# Load data from disk to mem, turn off disk?

## ManDay

How would you load everything in / which is stored on a disk into memory and subsequently turn off the (sata) disk (completely)?

----------

## eccerr0r

The computer will tend to read once and never need to use the disk again, so simply trying to read all files once should do the trick.  But if it's still constantly accessing the disk despite you not needing to do any more demand fetches, likely something is trying to write to the disk - and this tends to be the bane of keeping the disk from spinning up and can be painful to find what the culprit/solution is.  Usually it's a logfile being written but not always - stuff like dhcp tables, wtmp entries, and atime updates are common culprits.  And there are more...

----------

## lexflex

 *eccerr0r wrote:*   

> likely something is trying to write to the disk - and this tends to be the bane of keeping the disk from spinning up and can be painful to find what the culprit/solution is.  Usually it's a logfile being written but not always - stuff like dhcp tables, wtmp entries, and atime updates are common culprits.  And there are more...

 

Yeah, it can be hard to make it not wake up at all, but you can reduce the amount of times this happens as eccerr0r suggests.

Some ideas to reduces access that might wake up the disk:

- You can use 'iotop' to get an idea what processes are accessing the disk.

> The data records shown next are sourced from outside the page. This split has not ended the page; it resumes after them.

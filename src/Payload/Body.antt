-- ===== src/Payload/Body.antt =====
-- What the buffering of a body comes to.
use argus_mcp.Base.{
  ℕ, zero, suc, ◌≤◌, ◌≡◌, refl, sym, subst, ◌∙◌, Bool, true, false, String, Option, none, some, inl,
  inr, ◌⊎◌, List, [], ◌∷◌, ◌++◌, not, ◌&&◌, ◌||◌, any, length, length-append, ltb, if◌then◌else◌,
  text_keys, ◌==◌, arith,
}
use mathlib.Core.List.{append-nil, append_assoc}
use argus_mcp.Payload.{
  Json, PayloadLimitsConfig, Message, request, other, Scope, Buffered, too_large, complete,
  unfinished, passed_through, bad_request, replayed, waits, buffer, has_no_body, is_json_content,
  too_deep, decide, call,
}
use argus_mcp.Payload.Depth.{depth, check_json_depth-depth}

module _ {B : Type 0} where
  -- The last chunk of a body.
  abbrev pub is_last : Message B → Bool
  is_last (request chunk more) = not more
  is_last (other type) = false

  -- The chunks of some messages, one after the other.
  abbrev pub body_of : List (Message B) → List B
  body_of [] = []
  body_of (request chunk more ∷ ms) = chunk ++ body_of ms
  body_of (other type ∷ ms) = body_of ms

  abbrev pub disconnects : ℕ → List (Message B)
  disconnects zero = []
  disconnects (suc n) = other "http.disconnect" ∷ disconnects n

  fits : (limit : ℕ) (xs ys : List B) → length (xs ++ ys) ≤ limit → ltb limit (length xs) ≡ false
  fits limit xs ys h = let e = length-append xs ys in ground (arith, h, e)

  run_on :
      (limit : ℕ) (body : List B) (ms rest : List (Message B))
      → any is_last ms ≡ false
      → length (body ++ body_of ms) ≤ limit
      → buffer limit body (ms ++ rest) ≡ buffer limit (body ++ body_of ms) rest
  unfolding buffer
  run_on limit body [] rest h k = rw (append-nil body) refl
  run_on limit body (other type ∷ ms) rest h k = run_on limit body ms rest h k
  run_on limit body (request chunk false ∷ ms) rest h k = absurd (cc)
  run_on limit body (request chunk true ∷ ms) rest h k =
      let e = append_assoc body chunk (body_of ms) in
      let k' : length ((body ++ chunk) ++ body_of ms) ≤ limit =
        subst (λ xs. length xs ≤ limit) (sym e) k in
      rw (fits limit (body ++ chunk) (body_of ms) k', sym e)
        (run_on limit (body ++ chunk) ms rest h k')

  -- Nothing more of a body comes with messages that are all disconnects.
  still_unfinished :
      (limit : ℕ) (body : List B) (n : ℕ) → buffer limit body (disconnects n) ≡ unfinished body
  unfolding buffer
  still_unfinished limit body zero = refl
  still_unfinished limit body (suc n) = still_unfinished limit body n

  -- After the last chunk, the loop ends with all the chunks in their order, and reads no further
  -- message; it ends with the size where that is above the limit.
  pub buffer-last :
      (limit : ℕ) (ms rest : List (Message B)) (chunk : List B)
      → any is_last ms ≡ false
      → length (body_of ms) ≤ limit
      → buffer limit [] (ms ++ request chunk false ∷ rest) ≡ (
          if ltb limit (length (body_of ms ++ chunk))
          then too_large (length (body_of ms ++ chunk))
          else complete (body_of ms ++ chunk))
  unfolding buffer
  buffer-last limit ms rest chunk h k = run_on limit [] ms (request chunk false ∷ rest) h k

  -- The body that is buffered is never above the limit.
  buffer-bounds :
      (limit : ℕ) (body : List B) (ms : List (Message B)) (full : List B)
      → buffer limit body ms ≡ complete full
      → length full ≤ limit
  unfolding buffer
  buffer-bounds limit body [] full e = absurd (cc)
  buffer-bounds limit body (other type ∷ ms) full e = buffer-bounds limit body ms full e
  buffer-bounds limit body (request chunk more ∷ ms) full e =
      turn (buffer-bounds limit (body ++ chunk) ms full) (ltb limit (length (body ++ chunk))) more
        refl e
    where
      turn :
          (buffer limit (body ++ chunk) ms ≡ complete full → length full ≤ limit)
          → (above more : Bool) → ltb limit (length (body ++ chunk)) ≡ above
          → (if above
              then too_large (length (body ++ chunk))
              else if more
              then buffer limit (body ++ chunk) ms
              else complete (body ++ chunk))
            ≡ complete full
          → length full ≤ limit
      turn ih true more q e = absurd (cc)
      turn ih false true q e = ih e
      turn ih false false q e =
          let p : body ++ chunk ≡ full = cc in subst (λ xs. length xs ≤ limit) p (ground (arith, q))

  module _ (upper : String → String) (mentions_json : String → Bool) (parse : List B → Option Json)
      (c : PayloadLimitsConfig) where
    -- A client that disconnects before the last chunk, within the limit, keeps the middleware in its
    -- loop: after any number of messages that all report the disconnection it is still waiting, and
    -- it has neither answered nor called the application.
    pub call-disconnects :
        (scope : Scope) (ms : List (Message B)) (n : ℕ)
        → scope.type ≡ "http"
        → c.enabled ≡ true
        → has_no_body (upper scope.method) ≡ false
        → any is_last ms ≡ false
        → length (body_of ms) ≤ c.max_body_bytes
        → call upper mentions_json parse c scope (ms ++ disconnects n) ≡ waits
    unfolding call
    call-disconnects scope ms n t y m h k =
        let e =
          run_on c.max_body_bytes [] ms (disconnects n) h k
          ∙ still_unfinished c.max_body_bytes (body_of ms) n in
        rw (t, y, m, e) refl

    -- What is known of a body that is replayed: its size, and its depth where it is JSON that parses.
    abbrev pub Within : Scope → List B → Type 0
    Within scope body =
        (length body ≤ c.max_body_bytes)
        × ((body ≡ [])
            ⊎ (is_json_content mentions_json scope.headers ≡ false)
            ⊎ (parse body ≡ none)
            ⊎ ((parsed : Json) × (parse body ≡ some parsed) × (depth parsed ≤ c.max_json_depth)))

    depths :
        (scope : Scope) (full : List B) (is_json : Bool) (o : Option Json)
        → is_json_content mentions_json scope.headers ≡ is_json
        → parse full ≡ o
        → length full ≤ c.max_body_bytes
        → (is_json && too_deep upper mentions_json parse c o) ≡ false
        → Within scope full
    depths scope full false o j p k d = (k, inr (inl j))
    depths scope full true none j p k d = (k, inr (inr (inl p)))
    depths scope full true (some parsed) j p k d =
        let l = sym (check_json_depth-depth parsed c.max_json_depth 0) ∙ d in
        (k, inr (inr (inr (parsed, p, ground (arith, l)))))

    is_replayed :
        (deep : Bool) (full body : List B)
        → (if deep then bad_request else replayed full) ≡ replayed body
        → (full ≡ body) × (deep ≡ false)
    is_replayed true full body e = absurd (cc)
    is_replayed false full body e = (cc, refl)

    decide-Within :
        (scope : Scope) (r : Buffered B) (body : List B)
        → ((full : List B) → r ≡ complete full → length full ≤ c.max_body_bytes)
        → decide upper mentions_json parse c scope r ≡ replayed body
        → Within scope body
    decide-Within scope (too_large n) body k e = absurd (cc)
    decide-Within scope (unfinished b) body k e = absurd (cc)
    decide-Within scope (complete []) body k e =
        let q : [] ≡ body = cc in subst (Within scope) q (k [] refl, inl refl)
    decide-Within scope (complete (b ∷ full)) body k e =
        let q = is_replayed _ (b ∷ full) body e in
        subst (Within scope) q.0 (
          depths scope (b ∷ full) (is_json_content mentions_json scope.headers) (parse (b ∷ full))
            refl refl (k (b ∷ full) refl) q.1)

    -- A request whose body the middleware has read reaches the application only with a body within the
    -- limit of bytes, whatever its content; and unless the body is empty, its content type is not
    -- JSON or the JSON does not parse, only with a depth within the limit of depth.
    pub call-replayed :
        (scope : Scope) (ms : List (Message B)) (body : List B)
        → call upper mentions_json parse c scope ms ≡ replayed body
        → (length body ≤ c.max_body_bytes)
          × ((body ≡ [])
              ⊎ (is_json_content mentions_json scope.headers ≡ false)
              ⊎ (parse body ≡ none)
              ⊎ ((parsed : Json) × (parse body ≡ some parsed) × (depth parsed ≤ c.max_json_depth)))
    unfolding call
    call-replayed scope ms body e =
        guards (not (scope.type == "http") || not c.enabled) (has_no_body (upper scope.method)) e
      where
        guards :
            (first second : Bool)
            → (if first
                then passed_through
                else if second
                then passed_through
                else decide upper mentions_json parse c scope (buffer c.max_body_bytes [] ms))
              ≡ replayed body
            → Within scope body
        guards true second e = absurd (cc)
        guards false true e = absurd (cc)
        guards false false e =
            decide-Within scope (buffer c.max_body_bytes [] ms) body
              (buffer-bounds c.max_body_bytes [] ms) e
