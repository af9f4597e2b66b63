-- ===== src/Payload/Tests.antt =====
-- The limits at concrete requests.
use argus_mcp.Base.{
  ◌⊎◌, none, ℕ, ◌≤◌, ◌≡◌, ◌≢◌, refl, Bool, true, false, String, Option, some, List, [], ◌∷◌, ◌++◌,
  length, arith,
}
use argus_mcp.Payload.{
  Json, scalar, array, object, no_value, value, no_member, member, check_json_depth,
  PayloadLimitsConfig, Message, request, Scope, waits, replayed, buffer, call, is_json_content,
}
use argus_mcp.Payload.Depth.{depth}
use argus_mcp.Payload.Body.{body_of, disconnects, call-disconnects, call-replayed}

abbrev limits : PayloadLimitsConfig
limits = record { enabled = true; max_body_bytes = 4; max_json_depth = 1 }

abbrev post : Scope
post = record {
  type = "http";
  method = "POST";
  headers = ("content-type", "application/json") ∷ [];
}

abbrev same : String → String
same m = m

abbrev every : String → Bool
every content = true

abbrev flat : List ℕ → Option Json
flat bytes = some (array (value scalar no_value))

abbrev nested : Json
nested = object (member "a" (array (value scalar no_value)) no_member)

too_nested : check_json_depth nested 1 0 ≡ true
unfolding check_json_depth
too_nested = refl

abbrev started : List (Message ℕ)
started = request (1 ∷ 2 ∷ []) true ∷ []

two_fit : length (body_of started) ≤ 4
two_fit = omega arith

call-disconnects_example : call same every flat limits post (started ++ disconnects 1000) ≡ waits
call-disconnects_example =
    call-disconnects same every flat limits post started 1000 refl refl refl refl two_fit

abbrev sent : List (Message ℕ)
sent = request (1 ∷ 2 ∷ []) false ∷ []

abbrev bytes : List ℕ
bytes = 1 ∷ 2 ∷ []

not_empty : bytes ≢ []
not_empty e = absurd (cc)

forwarded : call same every flat limits post sent ≡ replayed bytes
unfolding call buffer check_json_depth
forwarded = refl

call-replayed_example :
    (length bytes ≤ 4)
    × ((bytes ≡ [])
        ⊎ (is_json_content every post.headers ≡ false)
        ⊎ (flat bytes ≡ none)
        ⊎ ((parsed : Json) × (flat bytes ≡ some parsed) × (depth parsed ≤ 1)))
call-replayed_example = call-replayed same every flat limits post sent bytes forwarded
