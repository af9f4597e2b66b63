-- ===== src/Plugins/Loaded.antt =====
-- A hook with one plugin more, which adds nothing to the loop.
use argus_mcp.Base.{
  ℕ, ◌≤◌, ◌≡◌, ◌⊎◌, inl, inr, refl, true, false, String, List, [], ◌∷◌, ◌++◌, leb, arith,
  Bool-cases, text_keys, ap, leb→le,
}
use argus_mcp.Base.Dict.{Dict, update}
use argus_mcp.Requests.{Value, Result}
use argus_mcp.Plugins.{
  PluginContext, Plugin, Attempt, kept, touched, merged, stopped, carry, overrides, attempt,
  run_plugins, get_by_hook, insert_by_priority,
}

module _ {A R : Type 0} (hook capability server method : String) (p : Plugin A R) where
  -- The plugin adds nothing to the loop, whatever has been accumulated.
  abbrev pub Passes : Type 0
  Passes =
      (ctx : PluginContext A R) (m : Dict String Value)
      (next : PluginContext A R → Dict String Value → Result (PluginContext A R))
      → carry next ctx m (attempt hook capability server method p ctx) ≡ next ctx m

  -- The first list is the second with `p` somewhere in it.
  abbrev Adds : List (Plugin A R) → List (Plugin A R) → Type 0
  Adds [] ys = ⊥
  Adds (x ∷ xs) ys = ((x ≡ p) × (xs ≡ ys)) ⊎ ((zs : List (Plugin A R)) × (ys ≡ x ∷ zs) × Adds xs zs)

  carry-eq :
      (next next' : PluginContext A R → Dict String Value → Result (PluginContext A R))
      (ctx : PluginContext A R) (m : Dict String Value) (a : Attempt A R)
      → ((c : PluginContext A R) (n : Dict String Value) → next c n ≡ next' c n)
      → carry next ctx m a ≡ carry next' ctx m a
  carry-eq next next' ctx m kept h = h ctx m
  carry-eq next next' ctx m (touched t) h = h _ _
  carry-eq next next' ctx m (merged c) h = h c (update m c.metadata)
  carry-eq next next' ctx m (stopped e) h = refl

  pub run_plugins-Adds :
      Passes
      → (xs ys : List (Plugin A R)) (ctx : PluginContext A R) (m : Dict String Value) → Adds xs ys
      → run_plugins hook capability server method xs ctx m
        ≡ run_plugins hook capability server method ys ctx m
  unfolding run_plugins
  run_plugins-Adds h [] ys ctx m a = elim a [ ]
  run_plugins-Adds h (x ∷ xs) ys ctx m (inl (e, e')) =
      rw (e, e') (h ctx m (run_plugins hook capability server method ys))
  run_plugins-Adds h (x ∷ xs) ys ctx m (inr (zs, e, a)) = rw e (
      carry-eq (run_plugins hook capability server method xs)
        (run_plugins hook capability server method zs) ctx m
        (attempt hook capability server method x ctx) (λ c n. run_plugins-Adds h xs zs c n a))

  -- By priority, from a bound on.
  abbrev IsOrdered : ℕ → List (Plugin A R) → Type 0
  IsOrdered n [] = Unit
  IsOrdered n (x ∷ xs) = (n ≤ x.config.priority) × IsOrdered x.config.priority xs

  insert_by_priority-IsOrdered :
      (n : ℕ) (q : Plugin A R) (xs : List (Plugin A R))
      → n ≤ q.config.priority
      → IsOrdered n xs
      → IsOrdered n (insert_by_priority q xs)
  unfolding insert_by_priority
  insert_by_priority-IsOrdered n q [] l o = (l, tt)
  insert_by_priority-IsOrdered n q (x ∷ xs) l o =
      elim (Bool-cases (leb q.config.priority x.config.priority)) [
        | inl b ↦ rw b (l, (leb→le _ _ b, o.1))
        | inr b ↦ rw b (o.0, insert_by_priority-IsOrdered x.config.priority q xs (ground arith) o.1)
      ]

  get_by_hook-IsOrdered : (xs : List (Plugin A R)) → IsOrdered 0 (get_by_hook hook xs)
  unfolding get_by_hook
  get_by_hook-IsOrdered [] = tt
  get_by_hook-IsOrdered (x ∷ xs) = elim (Bool-cases (overrides (x.hook hook))) [
    | inl b ↦ rw b (
        insert_by_priority-IsOrdered 0 x (get_by_hook hook xs) (omega arith)
          (get_by_hook-IsOrdered xs))
    | inr b ↦ rw b (get_by_hook-IsOrdered xs)
  ]

  -- `q` goes to the front of a list that no plugin before it stands in.
  insert_first :
      (q : Plugin A R) (n : ℕ) (xs : List (Plugin A R))
      → q.config.priority ≤ n
      → IsOrdered n xs
      → insert_by_priority q xs ≡ q ∷ xs
  unfolding insert_by_priority
  insert_first q n [] l o = refl
  insert_first q n (x ∷ xs) l o = ground arith

  insert_self : (xs : List (Plugin A R)) → Adds (insert_by_priority p xs) xs
  unfolding insert_by_priority
  insert_self [] = inl (refl, refl)
  insert_self (x ∷ xs) = elim (Bool-cases (leb p.config.priority x.config.priority)) [
    | inl b ↦ rw b (inl (refl, refl))
    | inr b ↦ rw b (inr (xs, refl, insert_self xs))
  ]

  insert-Adds :
      (q : Plugin A R) (n : ℕ) (xs ys : List (Plugin A R))
      → IsOrdered n xs
      → Adds xs ys
      → Adds (insert_by_priority q xs) (insert_by_priority q ys)
  unfolding insert_by_priority
  insert-Adds q n [] ys o a = elim a [ ]
  insert-Adds q n (x ∷ xs) ys o (inl (e, e')) =
      elim (Bool-cases (leb q.config.priority x.config.priority)) [
        | inl b ↦
            rw (b, insert_first q x.config.priority ys (leb→le _ _ b) (rw e' at (o.1)))
              (inr (ys, refl, inl (e, e')))
        | inr b ↦ rw b (inl (e, ap (insert_by_priority q) e'))
      ]
  insert-Adds q n (x ∷ xs) ys o (inr (zs, e, a)) =
      elim (Bool-cases (leb q.config.priority x.config.priority)) [
        | inl b ↦ rw (e, insert_by_priority, b) (inr (x ∷ zs, refl, inr (zs, refl, a)))
        | inr b ↦
            rw (e, insert_by_priority, b)
              (inr (insert_by_priority q zs, refl, insert-Adds q x.config.priority xs zs o.1 a))
      ]

  get_by_hook-Adds :
      (ps qs : List (Plugin A R))
      → overrides (p.hook hook) ≡ true
      → Adds (get_by_hook hook (ps ++ p ∷ qs)) (get_by_hook hook (ps ++ qs))
  unfolding get_by_hook
  get_by_hook-Adds [] qs v = rw v (insert_self (get_by_hook hook qs))
  get_by_hook-Adds (q ∷ ps) qs v = elim (Bool-cases (overrides (q.hook hook))) [
    | inl b ↦ rw b (
        insert-Adds q 0 (get_by_hook hook (ps ++ p ∷ qs)) (get_by_hook hook (ps ++ qs))
          (get_by_hook-IsOrdered (ps ++ p ∷ qs)) (get_by_hook-Adds ps qs v))
    | inr b ↦ rw b (get_by_hook-Adds ps qs v)
  ]

  absent :
      (ps qs : List (Plugin A R))
      → overrides (p.hook hook) ≡ false
      → get_by_hook hook (ps ++ p ∷ qs) ≡ get_by_hook hook (ps ++ qs)
  unfolding get_by_hook
  absent [] qs v = rw v refl
  absent (q ∷ ps) qs v = rw (absent ps qs v) refl

  pub run_loaded-Passes :
      Passes
      → (ps qs : List (Plugin A R)) (ctx : PluginContext A R)
      → run_plugins hook capability server method (get_by_hook hook (ps ++ p ∷ qs)) ctx []
        ≡ run_plugins hook capability server method (get_by_hook hook (ps ++ qs)) ctx []
  run_loaded-Passes h ps qs ctx = elim (Bool-cases (overrides (p.hook hook))) [
    | inl b ↦ run_plugins-Adds h _ _ ctx [] (get_by_hook-Adds ps qs b)
    | inr b ↦ rw (absent ps qs b) refl
  ]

- Also, mounting partitions with 'noatime' can reduces access that might wake up the disk.

You can set sleep/hibernate- timers on your disk using 'hdparm', the way this works varies from disk to disk.

Alex.

----------

## ManDay

So, assuming I can really trust the kernel to use its cached version of the filesystem exclusively, how would you suggest I go about reading all files most efficiently? I'm a bit suspicious as for something like a blunt "find . -exec cat '{}' ';'", or similar...

Regarding the "make sure it never tries to write to disk", a read-only mount should make sure of that, no? That will probably be a problem though, because I wouldn't want to mount / read-only from the start.

To be honest, I was more thinking of some "copy to ramdisk and subsequent rootswitch"-kind-of approach - that would give a "cleaner" cut - I could even umount the spinning disk and take it out of the box, if I wanted...

----------

## eccerr0r

Oh... if that's what you want... yeah I don't see why you couldn't make an initrd that creates a tmpfs that copies a hdd to that tmpfs, unmounts the hdd, and then switch_root's to the tmpfs...  That way, hdd is completely out of the picture and no read/write problems.

Just that there's no persistent data here at all, reboot and all data is gone and you still won't know what files need to be saved...

----------

## ManDay

Hm, I reckoned with certain pitfalls if I just tried that.... But now that you confirm that would work, I'll give it a shot. I think the persistence is less of an issue. I can always rsync the changes back on shutdown, or something like that. Or do it like the live disks and use some unionfs (or can btrfs do that, these days?). Any suggestions?

----------